Но вот почерк у него был каллиграфическим. Он так красиво выводил каждую буковку, что ему мог бы позавидовать любой любитель словесности. Как только он попал в роту, тут-же «дедушки» поставили его оформлять дембельские альбомы. Он их так красиво расписывал, что образовалась очередь, с желающими оформить свои альбомы. Даже с других рот! Потом его приметил капитан Воронин и стал ему давать всякие задания по оформлению документов. И в этот раз, свой черновик он отдал писарчуку. Тот начисто переписал рапорт и отнёс его в штаб. А через несколько дней появился приказ о присвоении мне звания… «младшего сержанта»!
Я недоумевал: ведь по логике, мне должны были присвоить «сержанта»! Как это так получилось? Да всё очень просто: наш писарчук ошибся! И получалось, что мне дважды присвоили звание «младшего сержанта»!

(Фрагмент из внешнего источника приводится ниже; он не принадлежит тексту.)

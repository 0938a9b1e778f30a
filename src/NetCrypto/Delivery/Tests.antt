-- ===== src/NetCrypto/Delivery/Tests.antt =====
-- toxcore/net_crypto.c, toxcore/crypto_core.c: two peers and nonces on concrete data.
use insert_project_name_here.Base.{
  ℕ, ◌+◌, ◌%◌, ◌<◌, ◌^◌, ◌≡◌, refl, inl, true, false, Option, none, some, List, [], ◌∷◌, arith,
  length, take, replicate, get_elem?,
}
use insert_project_name_here.NetCrypto.PacketsArray.Window.{IsWindow}
use insert_project_name_here.NetCrypto.Connection.Room.{write_cryptpacket-free_slots}
use insert_project_name_here.NetCrypto.PacketsArray.{buffer_size}
use insert_project_name_here.NetCrypto.Nonce.{increment_nonce, increment_nonce_number}
use insert_project_name_here.NetCrypto.Nonce.Value.{
  nonce_value, weight, increment_nonce-value, increment_nonce_number-value,
}
use insert_project_name_here.NetCrypto.Connection.{
  CryptoBox, CryptoConnection, established, cryptpacket_received, crypto_num_free_sendqueue_slots,
}
use insert_project_name_here.NetCrypto.Connection.Send.{
  padded, data_packet, write_cryptpacket, send_lossless_packet, send_lossy_cryptpacket,
}
use insert_project_name_here.NetCrypto.Connection.Receive.{
  empty_array, handle_data_packet, handle_data_packet_helper,
}
use insert_project_name_here.NetCrypto.Delivery.Acts.{
  Event, write, arrive, lossy, act, accepted, WasSent,
}
use insert_project_name_here.NetCrypto.Delivery.Agree.{IsFresh}
use insert_project_name_here.NetCrypto.Delivery.Runs.{
  Run, start, by_giver, by_taker, Run-in_order, Run-cryptpacket_received,
}

-- A box with an authenticator of one byte.
abbrev open_box : List ℕ → Option (List ℕ)
open_box [] = none
open_box (b ∷ bs) = some bs

abbrev plain_box : CryptoBox
plain_box = record {
  mac_bytes = 1;
  afternm = λ key nonce plain. some (0 ∷ plain);
  open_afternm = λ key nonce encrypted. open_box encrypted;
}

abbrev opened : CryptoConnection
opened = record {
  status = established;
  shared_key = [];
  sent_nonce = replicate 24 0;
  recv_nonce = replicate 24 0;
  temp_packet = none;
  send_array = empty_array;
  recv_array = empty_array;
  packet_counter = 0;
  packets_left = 5;
  packets_left_requested = 5;
  packets_sent = 0;
  rtt_time = 1000;
  maximum_speed_reached = false;
  wire = [];
  handed = [];
}

opened-IsFresh : IsFresh opened
opened-IsFresh = record { no_sent = refl; no_received = refl; no_wire = refl; no_handed = refl }

abbrev word : List ℕ
word = 16 ∷ 7 ∷ []

abbrev writing : Event
writing = write true true true 40 word false

abbrev giver : CryptoConnection
giver = act plain_box writing opened

abbrev arrived : List ℕ → List ℕ
arrived plain = data_packet plain_box (replicate 24 0) (0 ∷ plain)

-- The packet that the giver has sent.
abbrev plain_text : List ℕ
plain_text = padded plain_box 0 0 word

abbrev arriving : Event
arriving = arrive true true true 50 (arrived plain_text)

abbrev taker : CryptoConnection
taker = act plain_box arriving opened

taken : taker.handed ≡ word ∷ []
unfolding act handle_data_packet_helper
taken = refl

giver_wire : giver.wire ≡ (plain_text, arrived plain_text) ∷ []
unfolding act write_cryptpacket send_lossless_packet
giver_wire = refl

decrypted : (handle_data_packet plain_box opened (arrived plain_text)).1 ≡ some plain_text
unfolding handle_data_packet padded
decrypted = refl

-- What was decrypted is the only packet that was sent.
only_sent :
    {wire : List (List ℕ × List ℕ)} {packet text : List ℕ} {o : Option (List ℕ)} (plain : List ℕ)
    → wire ≡ (text, packet) ∷ []
    → o ≡ some text
    → o ≡ some plain
    → WasSent plain wire
only_sent plain w d e = rw w (inl (cc (e, d)))

one_packet : Run plain_box opened opened (accepted plain_box writing opened []) giver taker
one_packet =
    by_taker arriving (by_giver writing start tt)
      (λ plain e. only_sent plain giver_wire decrypted e)

one_accepted : accepted plain_box writing opened [] ≡ word ∷ []
unfolding accepted write_cryptpacket send_lossless_packet
one_accepted = refl

few_accepted : length (accepted plain_box writing opened []) + 1 + buffer_size < 2 ^ 32
few_accepted = rw one_accepted (omega arith)

Run-in_order_example :
    taker.handed ≡ take (length taker.handed) (accepted plain_box writing opened [])
Run-in_order_example = Run-in_order opened-IsFresh opened-IsFresh one_packet few_accepted

-- The taker's next packet acknowledges it.
abbrev answering : Event
answering = lossy true (200 ∷ [])

abbrev answer_text : List ℕ
answer_text = padded plain_box 1 0 (200 ∷ [])

abbrev answered : Event
answered = arrive true true true 60 (arrived answer_text)

taker_wire : (act plain_box answering taker).wire ≡ (answer_text, arrived answer_text) ∷ []
unfolding act write_cryptpacket send_lossless_packet handle_data_packet_helper
    send_lossy_cryptpacket
taker_wire = refl

answer_decrypted : (handle_data_packet plain_box giver (arrived answer_text)).1 ≡ some answer_text
unfolding act write_cryptpacket send_lossless_packet handle_data_packet
answer_decrypted = refl

acknowledged : cryptpacket_received (act plain_box answered giver) 0 ≡ true
unfolding act write_cryptpacket send_lossless_packet handle_data_packet_helper cryptpacket_received
acknowledged = refl

answer_steps :
    Run plain_box opened opened
      (accepted plain_box writing opened [])
      (act plain_box answered giver)
      (act plain_box answering taker)
unfolding accepted
answer_steps =
    by_giver answered (by_taker answering one_packet tt)
      (λ plain e. only_sent plain taker_wire answer_decrypted e)

Run-cryptpacket_received_example :
    get_elem? (act plain_box answering taker).handed 0
    ≡ get_elem? (accepted plain_box writing opened []) 0
Run-cryptpacket_received_example =
    Run-cryptpacket_received 0 opened-IsFresh opened-IsFresh answer_steps few_accepted
      (rw one_accepted (omega arith)) acknowledged

increment_nonce-value_example :
    nonce_value (increment_nonce (1 ∷ 255 ∷ 255 ∷ [])) ≡ (131071 + 1) % 16777216
increment_nonce-value_example = increment_nonce-value (1 ∷ 255 ∷ 255 ∷ [])

increment_nonce_number-value_example :
    nonce_value (increment_nonce_number (0 ∷ 1 ∷ 255 ∷ 255 ∷ 255 ∷ []) 21845)
    ≡ (33554431 + 21845) % weight (0 ∷ 1 ∷ 255 ∷ 255 ∷ 255 ∷ [])
increment_nonce_number-value_example =
    increment_nonce_number-value (0 ∷ 1 ∷ 255 ∷ 255 ∷ 255 ∷ []) 21845 (omega arith) (omega arith)

empty_array-IsWindow : IsWindow empty_array
empty_array-IsWindow = record {
  start_word = omega arith;
  end_word = omega arith;
  fits = omega arith;
  inside = λ j h k. refl;
}

five_free : crypto_num_free_sendqueue_slots opened ≡ 5
unfolding crypto_num_free_sendqueue_slots
five_free = refl

write_cryptpacket-free_slots_example :
    (write_cryptpacket plain_box true true true 40 opened word true).1 ≡ some 0
write_cryptpacket-free_slots_example =
    write_cryptpacket-free_slots plain_box true 40 word true true opened empty_array-IsWindow
      (rw five_free (omega arith)) refl refl (omega arith) (omega arith) (omega arith)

Когда комбат узнал об этом, взял писарчука за грудки и начал трясти его, обзывая всякими словами. Мне даже показалось, что капитан Воронин больше расстроился, чем я. Но делать нечего… Исправить уже ничего нельзя было. Но, тем не менее, к дембелю, я начал пришивать на погоны своего парадного мундира ещё одну лычку, т.е. звание «сержанта». Комбат увидел меня за этим занятием, но ничего не сказал.
Служба моя подходила к концу. Год службы в батарее 120 не прошёл даром. Я много чему научился, много чего понял. Например, тех людей, которых я считал врагами, оказались друзьями, а которых считал друзьями, оказались врагами. Получалось, что для того, чтобы узнать хорошо человека, нужно быть с ним рядом целый год!
Стал ли я пьяницей за это время? Нет, конечно. С «Пьяной дивизии» алкоголиками и пьяницами на гражданку не уходили. Ими становились потом, на гражданке.
Получился ли из меня солдат, в чём очень сомневался командир учебного полка, трудно сказать. Скорее «да», чем «нет». Но я изменился. Не зря ведь существует поговорка: «кто не был в армии, тот всю жизнь – салага!». Армию я прошёл. Салагой вроде бы не остался.
Спасибо комбату, который взял меня в батарею, а потом, наверно, в этом раскаивался. Кем бы он не был, но я благодарен своему командиру, со всеми его хорошими и плохими качествами. И отпустил он меня на дембель хоть и не первым, но и не последним. И тем более, не «под звон Московских курантов»!
Где-то за неделю до дембеля, я взял ручку и написал корявые стихи:
Кончается служба моя в ВДВ,
И скоро нам ехать домой,
Что можно сказать о ней сейчас,
Когда она стала родной?
Что можно сказать о таких войсках,
В которых ты служил,
Которые ты ненавидел сперва,
Которые ты полюбил?
Что можно сказать о ребятах тех,
С которыми ты жил?
С которыми вместе прыгал?
Спал, работал, пил?
***
И пусть пройдёт немало лет,
Но один раз в году,
Одену голубой берет
И вспомню ВДВу!
Скоро я покинул часть, в которой отслужил 1,5 года.
Я знаю, что уже никогда туда не вернусь, и никогда не забуду мою службу в ВДВ.